(Collected data)
>>>>
-- ===== src/Inode.antt =====
-- ATS/myfat/fat_inode.h and fat_inode.c: the attributes of an inode and the table that finds inodes
-- by the place of their directory entries.
pub mod Attr
pub mod Find
pub mod Reached
pub mod Fill
pub mod Write
pub mod Build
mod Tests
use ats_ldd.Base.{
  ℕ, zero, suc, ◌+◌, Bool, true, false, not, ◌&&◌, ◌||◌, List, [], ◌∷◌, Option, none, some,
  if◌then◌else◌, ◌==◌, ltb,
}

-- A machine word by its bits, the lowest one first.
abbrev pub Bits : Type 0
Bits = ℕ → Bool

-- The bits of `ATTR_RO`, `ATTR_HIDDEN`, `ATTR_SYS`, `ATTR_VOLUME`, `ATTR_DIR` and `ATTR_ARCH` in an
-- attribute byte.
abbrev pub ro_bit : ℕ
ro_bit = 0

abbrev pub dir_bit : ℕ
dir_bit = 4

-- `ATTR_UNUSED`: hidden, system, volume label and archive.
unfoldable pub attr_unused : Bits
attr_unused i = (i == 1) || (i == 2) || (i == 3) || (i == 5)

-- `S_IWUGO`, the three permissions to write; `S_IFDIR` and `S_IFREG`.
unfoldable pub s_iwugo : Bits
s_iwugo i = (i == 7) || (i == 4) || (i == 1)

unfoldable pub s_ifdir : Bits
s_ifdir i = i == 14

unfoldable pub s_ifreg : Bits
s_ifreg i = i == 15

-- `S_IRWXUGO`, and `S_IRUGO|S_IWUGO`.
unfoldable pub s_irwxugo : Bits
s_irwxugo i = ltb i 9

unfoldable pub s_iruwugo : Bits
s_iruwugo i = ltb i 9 && not ((i == 0) || (i == 3) || (i == 6))

abbrev pub bits_and : Bits → Bits → Bits
bits_and a b i = a i && b i

abbrev pub bits_or : Bits → Bits → Bits
bits_or a b i = a i || b i

abbrev pub bits_not : Bits → Bits
bits_not a i = not (a i)

-- `mask & S_IWUGO`, as a condition.
unfoldable pub any_write : Bits → Bool
any_write a = a 7 || a 4 || a 1

-- `S_ISDIR`, of the format bits 12 to 15.
unfoldable pub s_isdir : Bits → Bool
s_isdir m = not (m 12) && not (m 13) && m 14 && not (m 15)

-- The mount options that the mode depends on.
pub record Options : Type 0 where
  pub fs_fmask : Bits
  pub fs_dmask : Bits
  pub rodir : Bool

unfoldable pub fat_make_mode : Options → Bits → Bits → Bits
fat_make_mode o attrs mode =
    let held =
      if attrs ro_bit && not (attrs dir_bit && not o.rodir)
      then bits_and mode (bits_not s_iwugo)
      else mode in
    if attrs dir_bit
    then bits_or (bits_and held (bits_not o.fs_dmask)) s_ifdir
    else bits_or (bits_and held (bits_not o.fs_fmask)) s_ifreg

unfoldable pub fat_mode_can_hold_ro : Options → Bits → Bool
fat_mode_can_hold_ro o i_mode =
    if s_isdir i_mode
    then (if not o.rodir then false else any_write (bits_not o.fs_dmask))
    else any_write (bits_not o.fs_fmask)

-- `i_attrs`
unfoldable pub fat_save_attrs : Options → Bits → Bits → Bits
fat_save_attrs o i_mode attrs =
    if fat_mode_can_hold_ro o i_mode
    then bits_and attrs attr_unused
    else bits_and attrs (bits_or attr_unused (λ i. i == ro_bit))

unfoldable pub fat_make_attrs : Options → Bits → Bits → Bits
fat_make_attrs o i_mode i_attrs i =
    i_attrs i
    || (s_isdir i_mode && i == dir_bit)
    || (fat_mode_can_hold_ro o i_mode && not (any_write i_mode) && i == ro_bit)

-- The inodes of the volume: the buckets of `inode_hashtable` with the numbers of the inodes in
-- them, and for each inode `i_pos`, `i_count` and what `igrab` answers, which is no when it is on
-- its way out.
pub record InodeTable : Type 0 where
  pub bucket : ℕ → List ℕ
  pub i_pos : ℕ → ℕ
  pub i_count : ℕ → ℕ
  pub igrab : ℕ → Bool

abbrev pub set : (ℕ → ℕ) → ℕ → ℕ → ℕ → ℕ
set f i x i' = if i == i' then x else f i'

-- `hlist_del_init`, from whichever bucket holds the inode.
pub remove : ℕ → List ℕ → List ℕ
remove i [] = []
remove i (x ∷ xs) = let rest = remove i xs in if i == x then rest else x ∷ rest

-- The first inode of a bucket with the position that `igrab` grants.
pub find_grabbed : (ℕ → Bool) → (ℕ → ℕ) → ℕ → List ℕ → Option ℕ
find_grabbed igrab at pos [] = none
find_grabbed igrab at pos (i ∷ is) =
    let rest = find_grabbed igrab at pos is in if at i == pos && igrab i then some i else rest

-- `hash` is `fat_hash`, which calls the kernel's `hash_32`.
unfoldable pub fat_iget : (ℕ → ℕ) → InodeTable → ℕ → Option ℕ × InodeTable
unfolding find_grabbed
fat_iget hash t pos = elim (find_grabbed (t.igrab) (t.i_pos) pos (t.bucket (hash pos))) [
  | none ↦ (none, t)
  | some i ↦ (some i, record t { i_count = set (t.i_count) i (t.i_count i + 1) })
]

unfoldable pub fat_detach : InodeTable → ℕ → InodeTable
unfolding remove
fat_detach t i = record t { bucket = λ h. remove i (t.bucket h); i_pos = set (t.i_pos) i 0 }

unfoldable pub fat_attach : (ℕ → ℕ) → InodeTable → ℕ → ℕ → InodeTable
fat_attach hash t i pos = record t {
  bucket = λ h. if hash pos == h then i ∷ t.bucket h else t.bucket h;
  i_pos = set (t.i_pos) i pos;
}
<<<<
● Problem description: Your task is to repeat the entries exactly.

● Problem solution:
-- ===== src/Inode.antt =====
-- ATS/myfat/fat_inode.h and fat_inode.c: the attributes of an inode and the table that finds inodes
-- by the place of their directory entries.
pub mod Attr
pub mod Find
pub mod Reached
pub mod Fill
pub mod Write
pub mod Build
mod Tests
use ats_ldd.Base.{
  ℕ, zero, suc, ◌+◌, Bool, true, false, not, ◌&&◌, ◌||◌, List, [], ◌∷◌, Option, none, some,
  if◌then◌else◌, ◌==◌, ltb,
}

-- A machine word by its bits, the lowest one first.
abbrev pub Bits : Type 0
Bits = ℕ → Bool

-- The bits of `ATTR_RO`, `ATTR_HIDDEN`, `ATTR_SYS`, `ATTR_VOLUME`, `ATTR_DIR` and `ATTR_ARCH` in an
-- attribute byte.
abbrev pub ro_bit : ℕ
ro_bit = 0

abbrev pub dir_bit : ℕ
dir_bit = 4

-- `ATTR_UNUSED`: hidden, system, volume label and archive.
unfoldable pub attr_unused : Bits
attr_unused i = (i == 1) || (i == 2) || (i == 3) || (i == 5)

-- `S_IWUGO`, the three permissions to write; `S_IFDIR` and `S_IFREG`.
unfoldable pub s_iwugo : Bits
s_iwugo i = (i == 7) || (i == 4) || (i == 1)

unfoldable pub s_ifdir : Bits
s_ifdir i = i == 14

unfoldable pub s_ifreg : Bits
s_ifreg i = i == 15

-- `S_IRWXUGO`, and `S_IRUGO|S_IWUGO`.
unfoldable pub s_irwxugo : Bits
s_irwxugo i = ltb i 9

unfoldable pub s_iruwugo : Bits
s_iruwugo i = ltb i 9 && not ((i == 0) || (i == 3) || (i == 6))

abbrev pub bits_and : Bits → Bits → Bits
bits_and a b i = a i && b i

abbrev pub bits_or : Bits → Bits → Bits
bits_or a b i = a i || b i

abbrev pub bits_not : Bits → Bits
bits_not a i = not (a i)

-- `mask & S_IWUGO`, as a condition.
unfoldable pub any_write : Bits → Bool
any_write a = a 7 || a 4 || a 1

-- `S_ISDIR`, of the format bits 12 to 15.
unfoldable pub s_isdir : Bits → Bool
s_isdir m = not (m 12) && not (m 13) && m 14 && not (m 15)

-- The mount options that the mode depends on.
pub record Options : Type 0 where
  pub fs_fmask : Bits
  pub fs_dmask : Bits
  pub rodir : Bool

unfoldable pub fat_make_mode : Options → Bits → Bits → Bits
fat_make_mode o attrs mode =
    let held =
      if attrs ro_bit && not (attrs dir_bit && not o.rodir)
      then bits_and mode (bits_not s_iwugo)
      else mode in
    if attrs dir_bit
    then bits_or (bits_and held (bits_not o.fs_dmask)) s_ifdir
    else bits_or (bits_and held (bits_not o.fs_fmask)) s_ifreg

unfoldable pub fat_mode_can_hold_ro : Options → Bits → Bool
fat_mode_can_hold_ro o i_mode =
    if s_isdir i_mode
    then (if not o.rodir then false else any_write (bits_not o.fs_dmask))
    else any_write (bits_not o.fs_fmask)

-- `i_attrs`
unfoldable pub fat_save_attrs : Options → Bits → Bits → Bits
fat_save_attrs o i_mode attrs =
    if fat_mode_can_hold_ro o i_mode
    then bits_and attrs attr_unused
    else bits_and attrs (bits_or attr_unused (λ i. i == ro_bit))

unfoldable pub fat_make_attrs : Options → Bits → Bits → Bits
fat_make_attrs o i_mode i_attrs i =
    i_attrs i
    || (s_isdir i_mode && i == dir_bit)
    || (fat_mode_can_hold_ro o i_mode && not (any_write i_mode) && i == ro_bit)

-- The inodes of the volume: the buckets of `inode_hashtable` with the numbers of the inodes in
-- them, and for each inode `i_pos`, `i_count` and what `igrab` answers, which is no when it is on
-- its way out.
pub record InodeTable : Type 0 where
  pub bucket : ℕ → List ℕ
  pub i_pos : ℕ → ℕ
  pub i_count : ℕ → ℕ
  pub igrab : ℕ → Bool

abbrev pub set : (ℕ → ℕ) → ℕ → ℕ → ℕ → ℕ
set f i x i' = if i == i' then x else f i'

-- `hlist_del_init`, from whichever bucket holds the inode.
pub remove : ℕ → List ℕ → List ℕ
remove i [] = []
remove i (x ∷ xs) = let rest = remove i xs in if i == x then rest else x ∷ rest

-- The first inode of a bucket with the position that `igrab` grants.
pub find_grabbed : (ℕ → Bool) → (ℕ → ℕ) → ℕ → List ℕ → Option ℕ
find_grabbed igrab at pos [] = none
find_grabbed igrab at pos (i ∷ is) =
    let rest = find_grabbed igrab at pos is in if at i == pos && igrab i then some i else rest

-- `hash` is `fat_hash`, which calls the kernel's `hash_32`.
unfoldable pub fat_iget : (ℕ → ℕ) → InodeTable → ℕ → Option ℕ × InodeTable
unfolding find_grabbed
fat_iget hash t pos = elim (find_grabbed (t.igrab) (t.i_pos) pos (t.bucket (hash pos))) [
  | none ↦ (none, t)
  | some i ↦ (some i, record t { i_count = set (t.i_count) i (t.i_count i + 1) })
]

unfoldable pub fat_detach : InodeTable → ℕ → InodeTable
unfolding remove
fat_detach t i = record t { bucket = λ h. remove i (t.bucket h); i_pos = set (t.i_pos) i 0 }

unfoldable pub fat_attach : (ℕ → ℕ) → InodeTable → ℕ → ℕ → InodeTable
fat_attach hash t i pos = record t {
  bucket = λ h. if hash pos == h then i ∷ t.bucket h else t.bucket h;
  i_pos = set (t.i_pos) i pos;
}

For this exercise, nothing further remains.